Впрочем, в последние годы она все чаще проникает уже и в труды по этнографии, этнопсихологии, в монографии историков, книги по идеологии русской словесности, по культурологии. Характерно, что те или иные компоненты этого мифологического комплекса использует сегодня как официальная власть, гак и ее оппоненты от левого центра до коммунистов- анпиловцев и национал-большевиков. При дефиците национальных и других иттегративных символов в современном российском обществе данный мифологический набор остается доминантным. К его ресурсам обращаются как люди старшего поколения (поскольку они по большей части не знают ничего другого), так и те социальные слои и структуры, которые десятилетиями связывали и сейчас связывают свое существование с сохранением централизованного государства советского типа, кто заинтересован в прежних возможностях влиять на власть. Речь идет прежде всего об интеллигенции государственного аппарата образования, институтов воспроизводства апробированных образцов культуры по образцу старого минкульта, Госкино или Госкомиздата, отчасти – уже о новом, полу государственном, получастном культурном истеблишменте.
Вместе с тем, по данным наших опросов, этот комплекс в 1990-е годы распадается, теряет свою обязательность и нормативную силу. И прежде всего, его действие ослабевает среди более молодых и образованных россиян в крупных городах, в более активных группах, добившихся жизненного успеха, в целом позитивно воспринимающих настоящее и будущее, более позитивно оценивающих и самих себя. Одновременно в этих группах более критично воспринимается стремление России в прошлом силой навязывать другим народам свое представление об истине, со стыдом вспоминается опыт государственного террора и ГУЛАГа. Эта критичность распространяется и на многие черты русского «национального характера» – привычку к зависимости и работе из-под палки, лень и лукавство, прожектерство и склонность к пьянству.
При этом в обществе, в различных его группах меняется характер проявлений исходного комплекса: из активной и даже агрессивной формы он переходит в более пассивную. Для большинства речь идет уже не об экспансии национального целого или единственно верного учения, а лишь о сохранении этого целого, об идеологической самозащите.
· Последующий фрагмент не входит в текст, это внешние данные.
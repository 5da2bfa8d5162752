-- ===== src/Cfg/Settings.antt =====
-- Fields of a configuration line: how far the parsers of mycode/dvbcfg_common.c read, and what they find.
use mathlib.Core.Option.{some-injective}
use mathlib.Core.Path.{subst}
use dvb_stream_v.Base.{
  ℕ, ◌+◌, ◌≡◌, refl, sym, ap, ◌∙◌, inl, inr, true, false, ◌||◌, none, some, List, [], ◌∷◌, ◌++◌,
  leb, ◌==◌, if◌then◌else◌, ==→eq, eq→==, Bool-cases, length, All,
}
use dvb_stream_v.Cfg.{
  same_text, contains, scan, minus_one, Field, find_name, dvbcfg_parse_setting, scan_string,
  dvbcfg_parse_string, dvbcfg_lookup_setting, DvbcfgSetting,
}

-- A cell that ends neither a field nor the text.
abbrev pub IsPlain : List ℕ → ℕ → Type 0
IsPlain tokens c = ((c == 0) ≡ false) × (contains tokens c ≡ false)

-- The parsers stop at the first token.
pub scan-append :
    (tokens field : List ℕ) (c : ℕ) (rest : List ℕ)
    → All (IsPlain tokens) field
    → (c == 0) ≡ false
    → contains tokens c ≡ true
    → scan tokens (field ++ c ∷ rest) ≡ (field, rest)
unfolding scan
scan-append tokens [] c rest plain nonzero token = rw (nonzero, token) refl
scan-append tokens (x ∷ xs) c rest plain nonzero token =
    rw (plain.0.0, plain.0.1, scan-append tokens xs c rest plain.1 nonzero token) refl

-- They also stop at the text's terminator, and do not pass it.
pub scan-terminated :
    (tokens field rest : List ℕ)
    → All (IsPlain tokens) field
    → scan tokens (field ++ 0 ∷ rest) ≡ (field, 0 ∷ rest)
unfolding scan
scan-terminated tokens [] rest plain = refl
scan-terminated tokens (x ∷ xs) rest plain =
    rw (plain.0.0, plain.0.1, scan-terminated tokens xs rest plain.1) refl

scan_string-append :
    (tokens field : List ℕ) (c : ℕ) (rest : List ℕ)
    → All (IsPlain tokens) field
    → (c == 0 || contains tokens c) ≡ true
    → scan_string tokens (field ++ c ∷ rest) ≡ (field, c ∷ rest)
unfolding scan_string
scan_string-append tokens [] c rest plain ends = rw ends refl
scan_string-append tokens (x ∷ xs) c rest plain ends =
    rw (plain.0.0, plain.0.1, scan_string-append tokens xs c rest plain.1 ends) refl

-- `dvbcfg_parse_string` takes a field that ends with a token or with the text, if it fits `dest` with
-- its terminator, and moves the pointer to the cell behind the end. So at the end of the text the
-- pointer is left behind the text's terminator; a field that does not fit sets it to NULL.
pub dvbcfg_parse_string_lem :
    (tokens field : List ℕ) (c : ℕ) (rest : List ℕ) (size : ℕ)
    → All (IsPlain tokens) field
    → (c == 0 || contains tokens c) ≡ true
    → dvbcfg_parse_string (field ++ c ∷ rest) tokens size
      ≡ (if leb (length field + 1) size then (some rest, some (field ++ 0 ∷ [])) else (none, none))
unfolding dvbcfg_parse_string
dvbcfg_parse_string_lem tokens field c rest size plain ends =
    rw (scan_string-append tokens field c rest plain ends) refl

same_text_refl : (xs : List ℕ) → same_text xs xs ≡ true
same_text_refl [] = refl
same_text_refl (x ∷ xs) = rw (eq→== x x refl) (same_text_refl xs)

-- A table of settings whose names are plain and differ from each other.
abbrev pub IsSettings : List ℕ → List DvbcfgSetting → Type 0
IsSettings tokens [] = Unit
IsSettings tokens (s ∷ ss) =
    All (IsPlain tokens) s.name
    × All (λ t. same_text t.name s.name ≡ false) ss
    × IsSettings tokens ss

-- A name that is looked up has what all names have.
lookup-All :
    (P : List ℕ → Type 0) (v : ℕ) (ss : List DvbcfgSetting) (name : List ℕ)
    → All (λ t. P t.name) ss
    → dvbcfg_lookup_setting v ss ≡ some name
    → P name
unfolding dvbcfg_lookup_setting
lookup-All P v [] name all e = absurd (cc)
lookup-All P v (s ∷ ss) name all e = elim (Bool-cases (v == s.value)) [
  | inl here ↦ subst P (some-injective s.name name (rw here at e)) all.0
  | inr later ↦ lookup-All P v ss name all.1 (rw later at e)
]

lookup-IsPlain :
    (tokens : List ℕ) (v : ℕ) (ss : List DvbcfgSetting) (name : List ℕ)
    → IsSettings tokens ss
    → dvbcfg_lookup_setting v ss ≡ some name
    → All (IsPlain tokens) name
unfolding dvbcfg_lookup_setting
lookup-IsPlain tokens v [] name table e = absurd (cc)
lookup-IsPlain tokens v (s ∷ ss) name table e = elim (Bool-cases (v == s.value)) [
  | inl here ↦ subst (All (IsPlain tokens)) (some-injective s.name name (rw here at e)) table.0
  | inr later ↦ lookup-IsPlain tokens v ss name table.2 (rw later at e)
]

find_name-lookup :
    (tokens : List ℕ) (v : ℕ) (ss : List DvbcfgSetting) (name : List ℕ)
    → IsSettings tokens ss
    → dvbcfg_lookup_setting v ss ≡ some name
    → find_name name ss ≡ some v
unfolding dvbcfg_lookup_setting find_name
find_name-lookup tokens v [] name table e = absurd (cc)
find_name-lookup tokens v (s ∷ ss) name table e = elim (Bool-cases (v == s.value)) [
  | inl here ↦
      let same : s.name ≡ name = some-injective s.name name (rw here at e) in
      let v_is : v ≡ s.value = ==→eq v s.value here in
      rw (← same, same_text_refl s.name) (ap some (sym v_is))
  | inr later ↦
      let found : dvbcfg_lookup_setting v ss ≡ some name = rw later at e in
      let other : same_text name s.name ≡ false =
        lookup-All (λ n. same_text n s.name ≡ false) v ss name table.1 found in
      rw other (find_name-lookup tokens v ss name table.2 found)
]

-- Every value that `dvbcfg_lookup_setting` names, `dvbcfg_parse_setting` reads back from that name and a
-- token behind it, whatever follows, for a table whose names are plain and differ from each other.
pub dvbcfg_parse_setting-lookup :
    (tokens : List ℕ) (v : ℕ) (ss : List DvbcfgSetting) (name : List ℕ) (c : ℕ) (rest : List ℕ)
    → IsSettings tokens ss
    → dvbcfg_lookup_setting v ss ≡ some name
    → (c == 0) ≡ false
    → contains tokens c ≡ true
    → dvbcfg_parse_setting (name ++ c ∷ rest) tokens ss ≡ (some rest, v)
unfolding dvbcfg_parse_setting
dvbcfg_parse_setting-lookup tokens v ss name c rest table e nonzero token =
    let read =
      scan-append tokens name c rest (lookup-IsPlain tokens v ss name table e) nonzero token in
    let found = find_name-lookup tokens v ss name table e in
    ap
      (λ (r : List ℕ × List ℕ). elim (find_name r.0 ss) as (λ _. Field) [
        | none ↦ (none, minus_one)
        | some value ↦ (some r.1, value)
      ])
      read
    ∙ rw found refl
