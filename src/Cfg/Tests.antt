-- ===== src/Cfg/Tests.antt =====
-- Fields of concrete lines.
use dvb_stream_v.Base.{ℕ, ◌-◌, ◌^◌, ◌≡◌, refl, none, some, List, [], ◌∷◌, ◌++◌}
use dvb_stream_v.Cfg.{
  codes, contains, scan, is_space, digit_of, read_digits, read_number, read_prefixed, skip_space,
  scan_int, minus_one, dvbcfg_parse_int, dvbcfg_parse_char, dvbcfg_parse_setting,
  dvbcfg_parse_string, dvbcfg_lookup_setting, DvbcfgSetting,
}
use dvb_stream_v.Cfg.Settings.{dvbcfg_parse_string_lem, IsSettings, dvbcfg_parse_setting-lookup}

abbrev colon : List ℕ
colon = b':' ∷ []

abbrev bandwidths : List DvbcfgSetting
bandwidths =
    record { name = codes "BANDWIDTH_6_MHZ"; value = 6000000 }
    ∷ record { name = codes "BANDWIDTH_7_MHZ"; value = 7000000 }
    ∷ []

decimal_field : dvbcfg_parse_int (codes "514000000:X") colon ≡ (some (codes "X"), 514000000)
unfolding dvbcfg_parse_int scan contains scan_int skip_space is_space read_prefixed read_number
    read_digits digit_of
decimal_field = refl

negative_hex_field : dvbcfg_parse_int (codes " -0x10") colon ≡ (some [], 2 ^ 32 - 16)
unfolding dvbcfg_parse_int scan contains scan_int skip_space is_space read_prefixed read_number
    read_digits digit_of
negative_hex_field = refl

no_number : dvbcfg_parse_int (codes "x:1") colon ≡ (none, minus_one)
unfolding dvbcfg_parse_int scan contains scan_int skip_space is_space read_prefixed read_number
    read_digits digit_of
no_number = refl

a_char : dvbcfg_parse_char (codes "H:1") colon ≡ (some (codes "1"), b'H')
unfolding dvbcfg_parse_char scan contains
a_char = refl

dvbcfg_parse_string_lem_example :
    dvbcfg_parse_string (codes "ZDF" ++ 0 ∷ codes "old") colon 50
    ≡ (some (codes "old"), some (codes "ZDF" ++ 0 ∷ []))
unfolding contains
dvbcfg_parse_string_lem_example =
    dvbcfg_parse_string_lem colon (codes "ZDF") 0 (codes "old") 50
      ((refl, refl), ((refl, refl), ((refl, refl), tt))) refl

abbrev short_table : List DvbcfgSetting
short_table = record { name = codes "A"; value = 1 } ∷ record { name = codes "B"; value = 2 } ∷ []

short_table-IsSettings : IsSettings colon short_table
unfolding contains
short_table-IsSettings = (((refl, refl), tt), (refl, tt), (((refl, refl), tt), tt, tt))

dvbcfg_parse_setting-lookup_example :
    dvbcfg_parse_setting (codes "B:0") colon short_table ≡ (some (codes "0"), 2)
unfolding dvbcfg_lookup_setting contains
dvbcfg_parse_setting-lookup_example =
    dvbcfg_parse_setting-lookup colon 2 short_table (codes "B") b':' (codes "0")
      short_table-IsSettings refl refl refl
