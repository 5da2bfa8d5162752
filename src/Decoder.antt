-- ===== src/Decoder.antt =====
-- mycode/mpi_decoder.c: the life of a decoder. The calls of the MPP library enter as their results; a
-- pointer is modelled by whether it is set, and what is acquired and released is kept in lists.
-- `mpp_calloc` of the struct itself, which the code does not check, is taken to succeed.
pub mod Life
pub mod Running
pub mod Ending
mod Tests
use dvb_stream_v.Base.{
  ℕ, ◌+◌, Bool, true, false, not, Option, none, some, List, [], ◌∷◌, ◌==◌, if◌then◌else◌, set, u64,
}
use dvb_stream_v.Cfg.{minus_one}

-- What a decoder holds.
pub data Resource : Type 0 where
  the_struct stream_buffer packet context frame frame_group output_file input_file : Resource

-- The calls of `decoder_data_init` that may fail, in order.
pub data InitCall : Type 0 where
  malloc_buf packet_init create set_split_mode set_output_timeout init : InitCall

-- `DecoderData`; the pointers by whether they are set.
pub record DecoderData : Type 0 where
  pub has_ctx : Bool
  pub width : ℕ
  pub height : ℕ
  pub has_packet : Bool
  pub packet_size : ℕ
  pub packet_count : ℕ
  pub has_frm_grp : Bool
  pub has_frame : Bool
  pub frame_count : ℕ
  pub has_buf : Bool
  pub frm_eos : ℕ
  pub has_input : Bool
  pub has_output : Bool

-- The struct as a successful `decoder_data_init` leaves it.
abbrev pub initial_decoder : DecoderData
initial_decoder = record {
  has_ctx = true;
  width = 0;
  height = 0;
  has_packet = true;
  packet_size = 4096;
  packet_count = 0;
  has_frm_grp = false;
  has_frame = false;
  frame_count = 0;
  has_buf = true;
  frm_eos = 0;
  has_input = false;
  has_output = false;
}

-- `decoder_data_init`, given which calls succeed: its result, `*data` if it is set, and what has been
-- acquired.
unfoldable pub decoder_data_init : (InitCall → Bool) → ℕ × Option DecoderData × List Resource
decoder_data_init ok =
    if not (ok malloc_buf)
    then (minus_one, none, the_struct ∷ [])
    else if not (ok packet_init)
    then (minus_one, none, the_struct ∷ stream_buffer ∷ [])
    else if not (ok create)
    then (minus_one, none, the_struct ∷ stream_buffer ∷ packet ∷ [])
    else if not (ok set_split_mode)
    then (minus_one, none, the_struct ∷ stream_buffer ∷ packet ∷ context ∷ [])
    else if not (ok set_output_timeout)
    then (minus_one, none, the_struct ∷ stream_buffer ∷ packet ∷ context ∷ [])
    else if not (ok init)
    then (minus_one, none, the_struct ∷ stream_buffer ∷ packet ∷ context ∷ [])
    else (1, some initial_decoder, the_struct ∷ stream_buffer ∷ packet ∷ context ∷ [])

-- `if (pointer) { release; pointer = NULL; }`
abbrev pub release_if : Bool → Resource → List Resource → List Resource
release_if set r rest = if set then r ∷ rest else rest

-- `decoder_data_deinit`: the struct after it, and what it releases, in order. The struct is not freed.
unfoldable pub decoder_data_deinit : DecoderData → DecoderData × List Resource
decoder_data_deinit d = (
  record d {
    has_packet = false;
    has_frame = false;
    has_ctx = false;
    has_buf = false;
    has_frm_grp = false;
    has_output = false;
    has_input = false;
  },
  release_if d.has_packet packet (
      release_if d.has_frame frame (
        release_if d.has_ctx context (
          release_if d.has_buf stream_buffer (
            release_if d.has_frm_grp frame_group
              (release_if d.has_output output_file (release_if d.has_input input_file [])))))),
)

unfoldable pub decoder_set_input : ℕ → DecoderData → DecoderData
decoder_set_input fp_input d = record d { has_input = not (fp_input == 0) }

unfoldable pub decoder_set_output : Bool → DecoderData → DecoderData
decoder_set_output set d = record d { has_output = set }

-- What `decode_get_frame` hands over: the fields that `decoder_run` reads.
pub record Frame : Type 0 where
  pub info_change : Bool
  pub frame_width : ℕ
  pub frame_height : ℕ
  pub buf_size : ℕ
  pub eos : ℕ

-- The calls of `decoder_run` that may fail.
pub data RunCall : Type 0 where
  group_get set_ext_buf_group group_clear info_change_ready : RunCall
  group_limit : ℕ → ℕ → RunCall

-- What a call of `decoder_run` comes to: it returns -1, or it ends without a result. Then the callback
-- has been called, if there was a frame.
pub data Run : Type 0 where
  fails : DecoderData → Run
  no_frame : DecoderData → Run
  changed : DecoderData → Run
  got_frame : DecoderData → Run

-- The calls behind the buffer group's.
unfoldable pub announce : (RunCall → Bool) → Frame → DecoderData → Run
announce ok f d =
    if not (ok (group_limit f.buf_size 24))
    then fails d
    else if not (ok info_change_ready)
    then fails d
    else changed (record d { has_frame = false })

-- The branch of `mpp_frame_get_info_change`. A group that was acquired is kept if a later call fails.
unfoldable pub on_info_change : (RunCall → Bool) → Frame → DecoderData → Run
unfolding announce
on_info_change ok f d =
    let sized = record d { width = f.frame_width; height = f.frame_height } in
    let grouped = record sized { has_frm_grp = true } in
    if not d.has_frm_grp
    then if not (ok group_get)
      then fails sized
      else if not (ok set_ext_buf_group)
      then fails grouped
      else announce ok f grouped
    else if not (ok group_clear)
    then fails sized
    else announce ok f sized

-- `decoder_run`, given what `decode_get_frame` stores into `data->frame`, `none` for NULL, and which
-- calls succeed.
unfoldable pub decoder_run : Option Frame → (RunCall → Bool) → DecoderData → Run
unfolding on_info_change
decoder_run none ok d = no_frame (record d { has_frame = false })
decoder_run (some f) ok d =
    let held = record d { has_frame = true } in
    if f.info_change
    then on_info_change ok f held
    else got_frame (record held {
      frm_eos = f.eos;
      frame_count = u64 (held.frame_count + 1);
      has_frame = false;
    })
В конструкции мифа – у разных групп в разной мере – повышается удельный вес именно тех смысловых частей, которые несут значение самоизоляции, молчаливого претерпевания своей судьбы, выживания в экстремальных условиях принудительного существования, страдательной жертвенности.
Однако процесс этой эрозии – не линейный. Номинально-советские, миссионерски-завоевательные, воинственноидеологические составляющие мифа отчасти теряют силу. В целом в российском обществе слабеет «сознание подопечных», заставляющее отождествляться с государством и рассчитывать на помощь властей. Напротив, на первый план теперь выдвигаются производные от социалистической идеологии ожидания социальной справедливости и имущественного равенства, начала традиционной коллективной солидарности, общинной нравственности (нерациональность, осуждение стяжательства, соборность, неформальность отношений и оценок). Растет ностальгия по былому величию Державы, ее воинским победам и полувоенному укладу, по сталинской, но особенно – брежневской эпохе, вообще отождествление с прошлым и его символами (великие люди, особенно вожди и полководцы, прежние праздники и обычаи).